Andrey Nikolaevich Goncharenko (Андрей Николаевич Гончаренко) is a Russian billionaire businessman, the former CEO of a Gazprom subsidiary, and the owner of four central London houses bought for a total of £250 million, including Hanover Lodge, "the UK’s most expensive home", for £120 million.

==Career==
In the 1990s, Goncharenko acquired wealth through his involvement in the Russian property, forestry and haulage sectors, before later becoming the chairman of part of Gazprom, the state-owned energy company.

Goncharenko is the chief executive (CEO) of Gazprom Invest Yug, a subsidiary of Gazprom, Russia's largest gas company. Gazprom Invest Yug builds gas pipelines and other gas transport networks.

==London property==
Goncharenko is the owner of four houses in central London, acquired at a cost of about £250 million over a three-year period.
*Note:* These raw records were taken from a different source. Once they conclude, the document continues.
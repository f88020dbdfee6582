-- ===== src/Worker/Ready.antt =====
-- The ranks that CIRCLE_init_local_state sets up, as the systems of the ring, of the reduction for
-- termination and of the broadcast of an abort.
use mathlib.Core.Path.{subst}
use native.Mathlib.Nat.{mod-lt}
use libcircle.Prelude.{
  ◌*◌, ◌≤◌, ℕ, zero, suc, ◌+◌, ◌%◌, ◌<◌, ◌≡◌, refl, sym, ◌∙◌, inl, inr, Bool, true, false, none,
  List, [], arith, lt→ltb, le→ltb,
}
use libcircle.State.{State}
use libcircle.Token.{is_terminate}
use libcircle.Token.Ring.{Ring, next_of, IsPlaced}
use libcircle.Collective.Flow.{Flow}
use libcircle.Abort.Alarm.{Alarm}
use libcircle.C.{Run, ok, int_limit, Os}
use libcircle.Queue.{Queue}
use libcircle.Tree.{int_size}
use libcircle.Input.{Input}
use libcircle.Request.Ask.{Hits}
use libcircle.Worker.{init_local_state}
use libcircle.Worker.Setup.{IsReady, next_rank, init_local_state-IsReady}

-- The ranks with the token at the first, and with no message under way.
abbrev pub ring_of : (ℕ → State) → (ℕ → Bool) → Ring
ring_of rank busy = record { rank = rank; busy = busy; flight = none }

abbrev pub flow_of : (ℕ → State) → (ℕ → Bool) → Flow
flow_of rank busy = record {
  rank = rank;
  busy = busy;
  up = λ _. none;
  down = λ _. none;
  work = [];
  receipts = λ _. 0;
}

abbrev pub alarm_of : (ℕ → State) → Alarm
alarm_of rank = record { rank = rank; taken = λ _ _. false }

next_of-mod : (n i : ℕ) → i < n → (i + 1 + n) % n ≡ next_of n i
next_of-mod n i lt =
    let below : (i + 1 + n) % n < n = mod-lt (i + 1 + n) (omega arith) in
    elim (next_rank i n lt) [
      | inl e ↦ e ∙ rw (lt→ltb (i + 1) n (omega (arith, e, below))) refl
      | inr (e, last) ↦ e ∙ rw (le→ltb (i + 1) n (omega (arith, last))) refl
    ]

running : {n k i : ℕ} {st : State} → IsReady i n k st → is_terminate st.token.proc ≡ false
running {i = zero} r = (r.master refl).running
running {i = suc i} r = (r.idle (omega arith)).running

no_abort : {n k i : ℕ} {st : State} → IsReady i n k st → st.abort_flag ≡ false
no_abort {i = zero} r = (r.master refl).no_abort
no_abort {i = suc i} r = (r.idle (omega arith)).no_abort

first_only : {n k i : ℕ} {st : State} → IsReady i n k st → st.token.is_local ≡ true → i ≡ 0
first_only {i = zero} r e = refl
first_only {i = suc i} r e = cc ((r.idle (omega arith)).waiting, e)

IsReady-IsStart :
    (n k : ℕ) (rank : ℕ → State) (busy : ℕ → Bool)
    → ((i : ℕ) → i < n → IsReady i n k (rank i))
    → libcircle.Token.Ring.IsStart n (ring_of rank busy)
      × libcircle.Collective.Flow.IsStart n k (flow_of rank busy)
      × libcircle.Abort.Alarm.IsStart n k (alarm_of rank)
IsReady-IsStart n k rank busy ready = (
  record {
    placed = λ i lt.
        let r = ready i lt in
        record { own = r.own; dest = r.dest ∙ next_of-mod n i lt; no_abort = no_abort r };
    running = λ i lt. running (ready i lt);
    first = λ i lt. first_only (ready i lt);
    holds = λ lt. ((ready 0 lt).master refl).holds;
    none_flies = refl;
  },
  record {
    node = λ i lt. (ready i lt).node;
    is_down = λ i lt. (ready i lt).reduction.down;
    none_heard = λ i lt. (ready i lt).reduction.none_yet;
    owes_none = λ i lt. (ready i lt).reduction.settled;
    no_report = λ i lt. refl;
    no_answer = λ i lt. refl;
    no_work = refl;
    no_receipt = λ i lt. refl;
  },
  record {
    node = λ i lt. (ready i lt).node;
    neighbours = λ i lt. (ready i lt).neighbours;
    quiet = λ i lt. (ready i lt).quiet;
    fresh = λ i j lt. refl;
  },
)

same_state : {st st' : State} → ◌≡◌ {A = Run State} (ok st) (ok st') → st ≡ st'
same_state e = cc e

grows : (i n k : ℕ) → i < n → n * k + k < int_limit → i * k + k < int_limit
grows i n k lt fits = omega (arith, more)
  where
    more : i * k ≤ n * k
    more = grind arith

-- Ranks that CIRCLE_init_local_state has set up, each in its place, are at the start of the ring, of
-- the reduction for termination and of the broadcast of an abort, whoever of them has work: the token
-- is at the first rank and all send it on to the next one of the ring, and the nodes of all are those
-- of one tree, with room for the requests to abort, and with no reduction, no transfer and no abort
-- under way. There is more than one rank, the tree is of positive width, ranks, slots and
-- the tree fit an int, memory for the nodes is granted, no rank has its abort flag set, and its random
-- numbers hit another rank.
pub init_local_state-IsStart :
    (os : Os) (input : Input) (n : ℕ) (queue : ℕ → Queue) (draws : ℕ → List ℕ)
    (old rank : ℕ → State) (busy : ℕ → Bool)
    → 1 < n
    → n + n < int_limit
    → 0 < input.tree_width
    → n * input.tree_width + input.tree_width < int_limit
    → os.grants (input.tree_width * int_size) ≡ true
    → ((i : ℕ) → i < n → (queue i).str_count < int_limit)
    → ((i : ℕ) → i < n → Hits i n (draws i))
    → ((i : ℕ) → i < n → (old i).abort_flag ≡ false)
    → ((i : ℕ) → i < n → init_local_state os input (queue i) i n (draws i) (old i) ≡ ok (rank i))
    → libcircle.Token.Ring.IsStart n (ring_of rank busy)
      × libcircle.Collective.Flow.IsStart n input.tree_width (flow_of rank busy)
      × libcircle.Abort.Alarm.IsStart n input.tree_width (alarm_of rank)
init_local_state-IsStart os input n queue draws old rank busy several small wide fits granted slots
      hits calm runs =
    IsReady-IsStart n input.tree_width rank busy (λ i lt.
      let (st, e, ready) =
        init_local_state-IsReady os input (queue i) i n (draws i) (old i) several lt (omega arith)
          (slots i lt) wide (grows i n input.tree_width lt fits) granted (hits i lt) (calm i lt) in
      subst (IsReady i n input.tree_width) (same_state (sym e ∙ runs i lt)) ready)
In 2012, Goncharenko bought Hanover Lodge, "the UK’s most expensive home", for £120 million from the Conservative peer Lord Bagri. Goncharenko has made a series of planning applications to "further enlarge the basement and to remodel the interior" of the 26,000 sq ft Hanover Lodge. The basement extension would include a new larger pool, sauna and steam room, gym, beauty salon, yoga studio, two massage rooms, a cinema, wine cellar and games room. Above ground, "much of the work appears to involve ripping out large swathes of expensive décor only recently installed by Lord Bagri, including intricate cornicing, decorative wall-frieze paintings and timber and marble floors".

In July 2023, it became known that Goncharenko had sold Hanover Lodge to Indian billionaire Ravi Ruia for £113 million.

As well as Hanover Lodge, he bought 50 St James's Street, Mayfair for £70 million, a mansion on Lyndhurst Road, Hampstead, for £41 million, and 102 Eaton Square, Belgravia for £15 million. The redevelopment of 50 St James's Street, built in 1827 as Crockford's, a gentleman's club, and from 1874 to 1976, the Devonshire Club. In 2011, Westminster City Council approved plans to create a members' club, spa, 14-bed hotel, and two public restaurants. The building can now accommodate 800 people over five different spaces. In January 2017, squatters from the Autonomous Nation of Anarchist Libertarians (ANAL) occupied 102 Eaton Square, which had been empty, and opened it as a "homeless shelter".